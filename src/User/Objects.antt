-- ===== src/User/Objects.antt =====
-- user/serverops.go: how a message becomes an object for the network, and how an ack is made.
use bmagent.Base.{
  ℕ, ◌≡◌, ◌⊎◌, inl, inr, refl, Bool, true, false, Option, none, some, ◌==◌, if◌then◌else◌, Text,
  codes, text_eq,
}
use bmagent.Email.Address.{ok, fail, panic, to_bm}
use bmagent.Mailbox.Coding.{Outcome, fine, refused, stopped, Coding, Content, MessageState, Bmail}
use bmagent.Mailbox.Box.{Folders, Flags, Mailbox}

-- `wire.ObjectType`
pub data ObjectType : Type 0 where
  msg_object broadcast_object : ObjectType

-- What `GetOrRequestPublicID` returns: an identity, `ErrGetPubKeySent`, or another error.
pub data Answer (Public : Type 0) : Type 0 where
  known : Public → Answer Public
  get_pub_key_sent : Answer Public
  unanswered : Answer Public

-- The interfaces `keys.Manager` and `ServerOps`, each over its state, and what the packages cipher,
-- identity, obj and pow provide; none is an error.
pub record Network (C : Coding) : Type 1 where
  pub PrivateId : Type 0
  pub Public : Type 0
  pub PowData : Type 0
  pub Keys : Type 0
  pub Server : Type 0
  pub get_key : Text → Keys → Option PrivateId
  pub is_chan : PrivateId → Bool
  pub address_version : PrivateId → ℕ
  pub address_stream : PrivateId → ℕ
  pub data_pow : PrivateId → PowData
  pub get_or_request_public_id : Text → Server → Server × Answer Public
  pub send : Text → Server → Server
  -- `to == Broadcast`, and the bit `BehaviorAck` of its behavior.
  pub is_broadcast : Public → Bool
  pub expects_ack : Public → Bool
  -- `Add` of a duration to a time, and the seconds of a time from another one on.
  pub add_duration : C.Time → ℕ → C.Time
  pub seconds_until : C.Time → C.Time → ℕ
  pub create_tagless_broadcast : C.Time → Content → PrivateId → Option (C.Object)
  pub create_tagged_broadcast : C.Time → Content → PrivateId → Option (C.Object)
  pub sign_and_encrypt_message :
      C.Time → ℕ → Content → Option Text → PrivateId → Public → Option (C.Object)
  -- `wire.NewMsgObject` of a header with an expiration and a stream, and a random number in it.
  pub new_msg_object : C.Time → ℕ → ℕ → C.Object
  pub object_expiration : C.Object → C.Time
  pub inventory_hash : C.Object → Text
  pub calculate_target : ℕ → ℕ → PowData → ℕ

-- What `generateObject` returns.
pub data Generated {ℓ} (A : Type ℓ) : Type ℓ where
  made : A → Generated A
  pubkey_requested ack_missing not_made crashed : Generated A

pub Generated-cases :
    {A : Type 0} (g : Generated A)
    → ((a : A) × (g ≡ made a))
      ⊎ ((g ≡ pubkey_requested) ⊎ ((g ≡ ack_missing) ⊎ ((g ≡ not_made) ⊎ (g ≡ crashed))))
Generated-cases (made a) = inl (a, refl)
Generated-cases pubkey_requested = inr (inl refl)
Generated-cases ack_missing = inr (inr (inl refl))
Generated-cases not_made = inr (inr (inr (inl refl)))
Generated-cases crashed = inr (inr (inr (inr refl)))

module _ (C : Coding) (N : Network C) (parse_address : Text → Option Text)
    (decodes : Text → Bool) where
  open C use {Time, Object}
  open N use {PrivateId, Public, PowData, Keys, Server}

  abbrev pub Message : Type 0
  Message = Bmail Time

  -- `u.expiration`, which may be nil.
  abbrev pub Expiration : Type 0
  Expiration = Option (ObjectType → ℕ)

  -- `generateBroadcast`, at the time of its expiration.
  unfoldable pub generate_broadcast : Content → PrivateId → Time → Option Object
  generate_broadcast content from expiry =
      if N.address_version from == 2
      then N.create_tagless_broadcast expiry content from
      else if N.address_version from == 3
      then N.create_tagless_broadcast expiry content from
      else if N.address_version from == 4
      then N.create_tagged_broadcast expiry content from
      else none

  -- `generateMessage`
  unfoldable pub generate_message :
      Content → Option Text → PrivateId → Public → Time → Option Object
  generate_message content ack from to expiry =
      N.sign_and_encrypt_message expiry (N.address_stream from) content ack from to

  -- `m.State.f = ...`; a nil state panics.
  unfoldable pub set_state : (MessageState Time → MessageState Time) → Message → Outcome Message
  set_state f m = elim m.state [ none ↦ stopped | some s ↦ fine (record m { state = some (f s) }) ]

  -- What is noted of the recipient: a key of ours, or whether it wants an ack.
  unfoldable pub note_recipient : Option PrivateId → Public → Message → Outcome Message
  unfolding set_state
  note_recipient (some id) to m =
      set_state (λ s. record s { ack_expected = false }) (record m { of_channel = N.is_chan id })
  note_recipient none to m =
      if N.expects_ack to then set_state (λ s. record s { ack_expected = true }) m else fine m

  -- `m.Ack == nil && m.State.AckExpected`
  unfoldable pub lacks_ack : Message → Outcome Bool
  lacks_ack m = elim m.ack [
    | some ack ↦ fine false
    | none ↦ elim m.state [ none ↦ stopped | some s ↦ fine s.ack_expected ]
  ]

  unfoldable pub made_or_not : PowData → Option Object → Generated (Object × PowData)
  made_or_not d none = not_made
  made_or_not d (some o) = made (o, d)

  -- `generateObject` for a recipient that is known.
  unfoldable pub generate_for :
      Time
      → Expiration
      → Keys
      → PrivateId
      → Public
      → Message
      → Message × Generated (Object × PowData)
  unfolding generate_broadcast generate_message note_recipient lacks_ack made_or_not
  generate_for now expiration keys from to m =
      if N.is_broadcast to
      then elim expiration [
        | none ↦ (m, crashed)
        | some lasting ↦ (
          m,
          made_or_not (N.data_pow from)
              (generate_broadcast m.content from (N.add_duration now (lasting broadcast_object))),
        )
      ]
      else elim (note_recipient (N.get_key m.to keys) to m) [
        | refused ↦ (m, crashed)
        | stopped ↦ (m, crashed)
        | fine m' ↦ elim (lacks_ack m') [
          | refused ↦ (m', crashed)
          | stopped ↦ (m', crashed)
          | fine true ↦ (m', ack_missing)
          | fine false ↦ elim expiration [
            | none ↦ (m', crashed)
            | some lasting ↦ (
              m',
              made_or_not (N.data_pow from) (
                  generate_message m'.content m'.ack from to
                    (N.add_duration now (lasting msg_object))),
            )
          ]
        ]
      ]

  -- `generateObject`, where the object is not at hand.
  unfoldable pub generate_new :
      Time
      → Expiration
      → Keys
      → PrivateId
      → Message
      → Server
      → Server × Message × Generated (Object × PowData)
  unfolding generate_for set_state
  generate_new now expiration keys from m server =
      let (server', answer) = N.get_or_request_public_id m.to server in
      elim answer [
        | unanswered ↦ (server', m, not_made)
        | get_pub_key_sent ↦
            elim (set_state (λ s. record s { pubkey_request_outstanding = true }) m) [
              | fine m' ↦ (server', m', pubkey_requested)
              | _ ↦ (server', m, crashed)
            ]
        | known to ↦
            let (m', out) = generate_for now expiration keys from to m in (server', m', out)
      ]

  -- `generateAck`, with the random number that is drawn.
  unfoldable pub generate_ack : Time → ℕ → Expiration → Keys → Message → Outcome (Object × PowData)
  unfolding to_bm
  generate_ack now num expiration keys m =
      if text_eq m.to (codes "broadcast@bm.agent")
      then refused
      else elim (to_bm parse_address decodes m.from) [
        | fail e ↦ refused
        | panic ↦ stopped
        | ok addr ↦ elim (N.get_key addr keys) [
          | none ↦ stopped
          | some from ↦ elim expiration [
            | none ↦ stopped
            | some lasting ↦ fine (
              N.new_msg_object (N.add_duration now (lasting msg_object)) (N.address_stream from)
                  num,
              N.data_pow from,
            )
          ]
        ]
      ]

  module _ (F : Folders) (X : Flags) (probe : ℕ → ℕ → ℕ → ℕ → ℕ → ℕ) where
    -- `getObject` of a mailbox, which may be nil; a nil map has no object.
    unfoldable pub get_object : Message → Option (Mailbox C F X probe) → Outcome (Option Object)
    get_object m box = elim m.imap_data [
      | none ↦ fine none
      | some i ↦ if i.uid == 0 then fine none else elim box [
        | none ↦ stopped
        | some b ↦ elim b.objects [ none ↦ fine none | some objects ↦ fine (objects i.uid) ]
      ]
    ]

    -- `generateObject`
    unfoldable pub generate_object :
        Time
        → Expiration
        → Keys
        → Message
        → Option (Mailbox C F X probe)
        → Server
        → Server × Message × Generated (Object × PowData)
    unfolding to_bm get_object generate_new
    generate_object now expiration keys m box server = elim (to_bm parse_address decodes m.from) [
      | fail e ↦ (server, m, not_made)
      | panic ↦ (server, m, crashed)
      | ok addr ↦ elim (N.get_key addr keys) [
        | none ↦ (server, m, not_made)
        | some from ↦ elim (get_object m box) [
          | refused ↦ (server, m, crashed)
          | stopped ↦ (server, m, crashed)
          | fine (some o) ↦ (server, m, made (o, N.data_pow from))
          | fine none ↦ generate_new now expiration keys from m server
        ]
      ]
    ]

...

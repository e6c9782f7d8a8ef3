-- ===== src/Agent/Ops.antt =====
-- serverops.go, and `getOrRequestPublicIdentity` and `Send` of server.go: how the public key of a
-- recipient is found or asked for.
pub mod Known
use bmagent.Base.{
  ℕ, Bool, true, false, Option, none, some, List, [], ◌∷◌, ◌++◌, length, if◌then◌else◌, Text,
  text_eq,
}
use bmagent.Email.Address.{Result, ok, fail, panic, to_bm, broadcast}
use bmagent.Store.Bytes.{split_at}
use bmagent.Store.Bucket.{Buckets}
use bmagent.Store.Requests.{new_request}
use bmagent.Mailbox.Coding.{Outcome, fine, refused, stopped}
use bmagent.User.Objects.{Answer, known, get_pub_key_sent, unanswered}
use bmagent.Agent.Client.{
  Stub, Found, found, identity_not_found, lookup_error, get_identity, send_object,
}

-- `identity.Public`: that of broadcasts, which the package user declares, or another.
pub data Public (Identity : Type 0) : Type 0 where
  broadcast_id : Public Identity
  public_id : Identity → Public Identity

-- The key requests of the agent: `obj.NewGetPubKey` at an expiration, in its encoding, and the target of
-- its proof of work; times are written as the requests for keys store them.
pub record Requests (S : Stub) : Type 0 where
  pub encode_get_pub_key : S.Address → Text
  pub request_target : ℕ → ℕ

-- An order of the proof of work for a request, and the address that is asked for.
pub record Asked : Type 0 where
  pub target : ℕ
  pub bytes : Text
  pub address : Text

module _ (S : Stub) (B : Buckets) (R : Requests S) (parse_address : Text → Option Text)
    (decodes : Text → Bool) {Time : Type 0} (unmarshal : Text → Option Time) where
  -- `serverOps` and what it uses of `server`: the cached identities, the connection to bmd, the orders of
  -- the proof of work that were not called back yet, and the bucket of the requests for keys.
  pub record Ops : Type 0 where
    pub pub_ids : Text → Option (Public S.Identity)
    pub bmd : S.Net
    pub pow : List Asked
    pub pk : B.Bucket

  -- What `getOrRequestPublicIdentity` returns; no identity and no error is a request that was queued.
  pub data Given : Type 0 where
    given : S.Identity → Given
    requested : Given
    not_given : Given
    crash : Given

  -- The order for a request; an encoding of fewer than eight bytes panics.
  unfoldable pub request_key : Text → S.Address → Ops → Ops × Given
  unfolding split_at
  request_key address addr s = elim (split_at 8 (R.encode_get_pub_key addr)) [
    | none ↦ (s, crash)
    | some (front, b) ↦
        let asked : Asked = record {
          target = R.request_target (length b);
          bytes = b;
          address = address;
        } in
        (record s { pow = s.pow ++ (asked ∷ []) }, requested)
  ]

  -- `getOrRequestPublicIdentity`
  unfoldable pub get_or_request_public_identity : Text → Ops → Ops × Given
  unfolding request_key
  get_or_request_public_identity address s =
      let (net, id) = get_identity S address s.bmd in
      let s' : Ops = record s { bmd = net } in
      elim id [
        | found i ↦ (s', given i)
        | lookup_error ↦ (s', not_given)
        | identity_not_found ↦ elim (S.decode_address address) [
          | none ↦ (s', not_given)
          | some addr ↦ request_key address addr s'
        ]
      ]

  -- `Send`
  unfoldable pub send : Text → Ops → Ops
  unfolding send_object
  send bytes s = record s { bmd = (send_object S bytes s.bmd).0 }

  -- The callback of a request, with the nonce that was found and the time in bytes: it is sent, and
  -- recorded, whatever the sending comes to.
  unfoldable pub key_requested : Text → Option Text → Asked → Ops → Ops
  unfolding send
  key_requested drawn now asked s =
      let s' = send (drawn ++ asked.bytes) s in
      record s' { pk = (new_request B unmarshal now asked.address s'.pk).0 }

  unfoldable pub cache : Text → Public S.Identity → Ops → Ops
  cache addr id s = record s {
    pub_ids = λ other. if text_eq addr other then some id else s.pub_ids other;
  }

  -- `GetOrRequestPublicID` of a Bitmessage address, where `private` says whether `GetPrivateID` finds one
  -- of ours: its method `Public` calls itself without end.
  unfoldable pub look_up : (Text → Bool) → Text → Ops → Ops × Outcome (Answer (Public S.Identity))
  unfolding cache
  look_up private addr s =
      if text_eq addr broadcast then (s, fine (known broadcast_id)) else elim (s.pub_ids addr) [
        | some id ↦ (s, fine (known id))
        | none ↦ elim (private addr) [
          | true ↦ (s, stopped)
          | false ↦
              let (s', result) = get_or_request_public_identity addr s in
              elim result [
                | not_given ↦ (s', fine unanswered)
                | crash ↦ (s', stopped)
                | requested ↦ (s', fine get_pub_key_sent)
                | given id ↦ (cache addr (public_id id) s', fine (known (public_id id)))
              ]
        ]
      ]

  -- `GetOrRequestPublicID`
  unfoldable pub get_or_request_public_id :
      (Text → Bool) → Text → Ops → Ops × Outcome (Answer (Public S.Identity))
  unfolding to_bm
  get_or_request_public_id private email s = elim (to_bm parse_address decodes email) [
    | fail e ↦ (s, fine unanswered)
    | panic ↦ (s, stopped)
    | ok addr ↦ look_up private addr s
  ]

Work item: Return every line of the listing above that contains "unanswered".

Written solution:
  unanswered : Answer Public
        | unanswered ↦ (server', m, not_made)
use bmagent.User.Objects.{Answer, known, get_pub_key_sent, unanswered}
                | not_given ↦ (s', fine unanswered)
    | fail e ↦ (s, fine unanswered)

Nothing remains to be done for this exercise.